- Poster with previous release date
- Directed by: Karthick Naren
- Written by: Karthick Naren
- Produced by: Badri Kasthuri
- Starring: Indrajith Sukumaran Arvind Swamy Sundeep Kishan Shriya Saran Aathmika
- Cinematography: Sujith Sarang
- Edited by: Sreejith Sarang
- Music by: Ron Ethan Yohann
- Production company: Shraddha Entertainment
- Country: India
- Language: Tamil

= Naragasooran =

Unreleased film directed by Karthick Naren

Naragasooran is an unreleased Indian Tamil-language supernatural thriller film written and directed by Karthick Naren. Produced by Badri Kasthuri, it features an ensemble cast led by Indrajith Sukumaran, Arvind Swamy, Sundeep Kishan, Shriya Saran and Aathmika. It is the second film in Naren's "thriller trilogy", with the first one being Dhuruvangal Pathinaaru, and it also stands as a spin-off of the former.
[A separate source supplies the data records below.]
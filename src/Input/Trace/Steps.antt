-- ===== src/Input/Trace/Steps.antt =====
-- Parts of a round of `consume`: what each adds to the trace, and which messages it covers.
use market_data_backend.Prelude.{
  ℕ_eq, String, Bool, true, false, List, [], ◌∷◌, ◌++◌ as append, ◌≡◌, refl, ◌⊎◌, inl, inr,
  Bool-cases, length, String_eq, ap,
}
use market_data_backend.Prelude.Int.{pos, leb_ℤ}
use market_data_backend.Model.{PoisonRecord}
use market_data_backend.Model.ActualStatus
use market_data_backend.Input.Config.{is_retryable_stage}
use market_data_backend.Input.Types.{Message, PendingRecord, poisoned, committed, InputWorker}
use market_data_backend.Input.Status.{set_status}
use market_data_backend.Input.Flush.{FlushAnswers, note, flush_batch}
use market_data_backend.Input.Consume.{
  Loop, Answer, done, refused, Answers, running, halted, message_text, poison_of, commit_poison,
  store_poison, reject, rejected, flushed, accept,
}
use market_data_backend.Input.Trace.{InRecords, Settled}
use market_data_backend.Input.Trace.Grow.{
  Grows, Grows-refl, Grows-trans, Grows-same, Grows-note, Settled-Extends,
}
use market_data_backend.Input.Trace.Flush.{IsOutcome, flush_batch-IsOutcome}

-- The message waits in the batch, or is in the database.
abbrev pub Covered : Message → List PendingRecord → InputWorker → Type 0
Covered m pending w = InRecords m pending ⊎ Settled m w.log

-- A part of a round that began at `v`: where the loop goes on, what `P` grants and `S` claims of a
-- message make it covered.
pub record IsStep (v : InputWorker) (P : Type 0) (S : Message → Type 0) (l : Loop) : Type 0 where
  pub grows : Grows v l.worker
  pub keeps : P → l.stopped ≡ false → (m : Message) → S m → Covered m l.pending l.worker

pub halted-IsStep :
    (v : InputWorker) (P : Type 0) (S : Message → Type 0) (w : InputWorker)
    (pending : List PendingRecord)
    → Grows v w
    → IsStep v P S (halted w pending)
halted-IsStep v P S w pending g = record { grows = g; keeps = λ _ e. absurd (cc e) }

pub running-IsStep :
    (v : InputWorker) (P : Type 0) (S : Message → Type 0) (w : InputWorker)
    (pending : List PendingRecord)
    → Grows v w
    → (P → (m : Message) → S m → Covered m pending w)
    → IsStep v P S (running w pending)
running-IsStep v P S w pending g k = record { grows = g; keeps = λ p _ m s. k p m s }

-- A step after growth, and from a claim that implies its own.
pub IsStep-after :
    (u v : InputWorker) (P : Type 0) (S T : Message → Type 0) (l : Loop)
    → Grows u v
    → ((m : Message) → T m → S m)
    → IsStep v P S l
    → IsStep u P T l
IsStep-after u v P S T l g i s = record {
  grows = Grows-trans g s.grows;
  keeps = λ p e m t. s.keeps p e m (i m t);
}

abbrev pub Handed : Message → InputWorker → Message → Type 0
Handed msg v m = (msg ≡ m) ⊎ Settled m v.log

commit_poison-Grows :
    (v : InputWorker) (msg : Message) (poison : PoisonRecord) (commit : Answer)
    → (poison.partition ≡ msg.partition) × (poison.offset ≡ msg.offset)
    → Grows v (commit_poison (note v (poisoned poison)) msg commit)
commit_poison-Grows v msg poison done at =
    let stored = note v (poisoned poison) in
    Grows-trans (Grows-note v (poisoned poison) tt)
      (Grows-note stored (committed msg.partition msg.offset) (inl at))
commit_poison-Grows v msg poison (refused e) at = Grows-note v (poisoned poison) tt

store_poison-Grows :
    (v : InputWorker) (msg : Message) (poison : PoisonRecord) (write commit : Answer)
    → (poison.partition ≡ msg.partition) × (poison.offset ≡ msg.offset)
    → Grows v (store_poison v msg poison write commit)
store_poison-Grows v msg poison done commit at = commit_poison-Grows v msg poison commit at
store_poison-Grows v msg poison (refused e) commit at = Grows-refl v

store_poison-Settled :
    (v : InputWorker) (msg m : Message) (poison : PoisonRecord) (write commit : Answer)
    → write ≡ done
    → (poison.partition ≡ m.partition) × (poison.offset ≡ m.offset)
    → Settled m (store_poison v msg poison write commit).log
store_poison-Settled v msg m poison done done _ at = inr (inl at)
store_poison-Settled v msg m poison done (refused e) _ at = inl at
store_poison-Settled v msg m poison (refused e) commit written at = absurd (cc written)

pub reject-IsStep :
    (v : InputWorker) (msg : Message) (stage message : String) (a : Answers)
    → IsStep v (a.poison_write ≡ done) (Handed msg v) (reject v msg stage message a)
unfolding reject poison_of set_status
reject-IsStep v msg stage message a = elim (Bool-cases (is_retryable_stage stage)) [
  | inl retryable ↦
      rw (retryable, reject) (halted-IsStep v (a.poison_write ≡ done) (Handed msg v) marked [] same)
  | inr rejected ↦
      rw (rejected, reject)
        (running-IsStep v (a.poison_write ≡ done) (Handed msg v)
          (store_poison marked msg poison a.poison_write a.poison_commit) []
          (Grows-trans same after) stored)
]
  where
    marked : InputWorker
    marked = set_status v ActualStatus.error (message_text stage message)

    poison : PoisonRecord
    poison = poison_of v msg stage message

    same : Grows v marked
    same = Grows-same v marked refl refl

    after : Grows marked (store_poison marked msg poison a.poison_write a.poison_commit)
    after = store_poison-Grows marked msg poison a.poison_write a.poison_commit (refl, refl)

    stored :
        a.poison_write ≡ done
        → (m : Message) → Handed msg v m
        → Covered m [] (store_poison marked msg poison a.poison_write a.poison_commit)
    stored p m (inl e) = inr (
        store_poison-Settled marked msg m poison a.poison_write a.poison_commit p
          (ap (λ (x : Message). x.partition) e, ap (λ (x : Message). x.offset) e))
    stored p m (inr s) = inr (Settled-Extends m after.extends s)

pub flushed-IsStep :
    (v : InputWorker) (rs : List PendingRecord) (r : InputWorker × Bool) (P : Type 0)
    → IsOutcome v rs r
    → IsStep v P (λ m. Covered m rs v) (flushed r rs)
flushed-IsStep v rs (w, false) P o = halted-IsStep v P _ w rs o.grows
flushed-IsStep v rs (w, true) P o = running-IsStep v P _ w [] o.grows λ _ m c. elim c [
  | inl inside ↦ inr (o.settles refl m inside)
  | inr settled ↦ inr (Settled-Extends m o.grows.extends settled)
]

pub rejected-IsStep :
    (v : InputWorker) (pending : List PendingRecord) (r : InputWorker × Bool) (msg : Message)
    (stage message : String) (a : Answers)
    → IsOutcome v pending r
    → IsStep v
        (a.poison_write ≡ done)
        (λ m. (msg ≡ m) ⊎ Covered m pending v)
        (rejected r pending msg stage message a)
rejected-IsStep v pending (w, false) msg stage message a o =
    halted-IsStep v (a.poison_write ≡ done) _ w pending o.grows
rejected-IsStep v pending (w, true) msg stage message a o =
    IsStep-after v w (a.poison_write ≡ done) (Handed msg w) _ (reject w msg stage message a) o.grows
      (λ m c. elim c [
        | inl e ↦ inl e
        | inr (inl inside) ↦ inr (o.settles refl m inside)
        | inr (inr settled) ↦ inr (Settled-Extends m o.grows.extends settled)
      ])
      (reject-IsStep w msg stage message a)

InRecords-append :
    (m : Message) (rs : List PendingRecord) (r : PendingRecord)
    → (r.msg ≡ m) ⊎ InRecords m rs
    → InRecords m (append rs (r ∷ []))
InRecords-append m [] r h = h
InRecords-append m (x ∷ rs) r (inl e) = inr (InRecords-append m rs r (inl e))
InRecords-append m (x ∷ rs) r (inr (inl e)) = inl e
InRecords-append m (x ∷ rs) r (inr (inr inside)) = inr (InRecords-append m rs r (inr inside))

joined :
    (v : InputWorker) (pending : List PendingRecord) (r : PendingRecord) (m : Message)
    → (r.msg ≡ m) ⊎ Covered m pending v
    → Covered m (append pending (r ∷ [])) v
joined v pending r m (inl e) = inl (InRecords-append m pending r (inl e))
joined v pending r m (inr (inl inside)) = inl (InRecords-append m pending r (inr inside))
joined v pending r m (inr (inr settled)) = inr settled

pub accept-IsStep :
    (v : InputWorker) (P : Type 0) (pending : List PendingRecord) (r : PendingRecord)
    (a : FlushAnswers)
    → IsStep v P (λ m. (r.msg ≡ m) ⊎ Covered m pending v) (accept v pending r a)
unfolding accept
accept-IsStep v P pending r a =
    let batch = append pending (r ∷ []) in
    elim (Bool-cases (leb_ℤ v.batch.size (pos (length batch)))) [
      | inl full ↦
          rw (full, accept)
            (IsStep-after v v P (λ m. Covered m batch v) _ (flushed (flush_batch v batch a) batch)
              (Grows-refl v) (joined v pending r)
              (flushed-IsStep v batch (flush_batch v batch a) P (flush_batch-IsOutcome v batch a)))
      | inr room ↦
          rw (room, accept) (running-IsStep v P _ v batch (Grows-refl v) (λ _. joined v pending r))
    ]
The film remains unreleased due to various financial constraints.

== Cast ==
- Indrajith Sukumaran as Lakshman IPS
- Arvind Swamy as Aathreya Venu
- Sundeep Kishan as Vinay
- Shriya Saran as Geetha
- Aathmika as Harini
- Aathma Patrick as Parthipan

== Production ==

=== Development ===
In February 2017, Karthick Naren announced their second project, a spin off to his "thriller trilogy" which began with Dhuruvangal Pathinaaru. In an interview with The Times of India, Naren stated that the film is an "intense suspense drama that is set against the backdrop of a mountain range". The very same day, Gautham Vasudev Menon announced their collaboration with Naren, by funding the project in his Ondraga Entertainment banner along with Badri Kasthuri.

=== Casting ===
Initially Arvind Swami and Naga Chaitanya were reported to appear in the film as parallel leads, with the latter making his Tamil debut. But Chaitanya opted out of the project due to schedule conflicts, and Sundeep Kishan being brought on board for the project. In May 2017, Shriya Saran and Indrajith Sukumaran were reported to appear in pivotal roles. Aathmika was reported to play another female lead in the project, bagging her second film in Tamil, after her debut in Meesaya Murukku (2017). Sukumaran was reported to appear the role of a cop, while Kishen's character is reported to have negative shades.

=== Filming ===
The film's first look poster, featuring the names of the lead cast was released on 18 June 2017. Naren eventually planned to start the shoot the film in June or July 2017. However, the film began production on 16 September 2017. Shooting was filmed extensively in and around Ooty and Kodaikanal. Minor portions were shot in Idukki. and was wrapped up in November 2017, within a span of 41 days.

== Release ==
In March 2018, sources claimed that the film will be released in May 2018. However, the financial constraints of Menon's production house, Ondraga Entertainment, resulted the delay of his other projects, had implemented disputes between Naren and Menon with both parties posted cryptic tweets in social media. Subsequently, Menon backed out producing the film, and Badri Kasthuri took care of the rights. The film was sent to the censor board officials in July 2018, where it received U/A certificate without any cuts. The film's official trailer which released in August 2018 received positive response, and Karthick Naren announced that the film will be released on 31 August 2018, after getting approval from Tamil Film Producers Council. However, the release was pushed to 13 September 2018, to coincide the occasion of Vinayagar Chathurthi, which did not happen. The makers released the first look of its dubbed Telugu version in February 2019, titled as Narakasurudu and Satyanarayana Koneru acquired the rights of the film.

During the time of delay, Naren started working on another project, which was the Arun Vijay-starrer Mafia: Chapter 1 (2020). In December 2019, Naren announced that the film will be scheduled for theatrical release on 27 March 2020, which further delayed due to the COVID-19 pandemic. The makers then explored the options of releasing the film directly through OTT platforms, as the uncertainty prevailing over the reopening of theatres due to the pandemic. However, plans for a digital release also failed due to the underperformance of Mafia: Chapter 1, and the film remained unreleased. On 28 May 2021, it was announced that Sony LIV bought the direct digital streaming rights for the film. The release date is yet to be announced.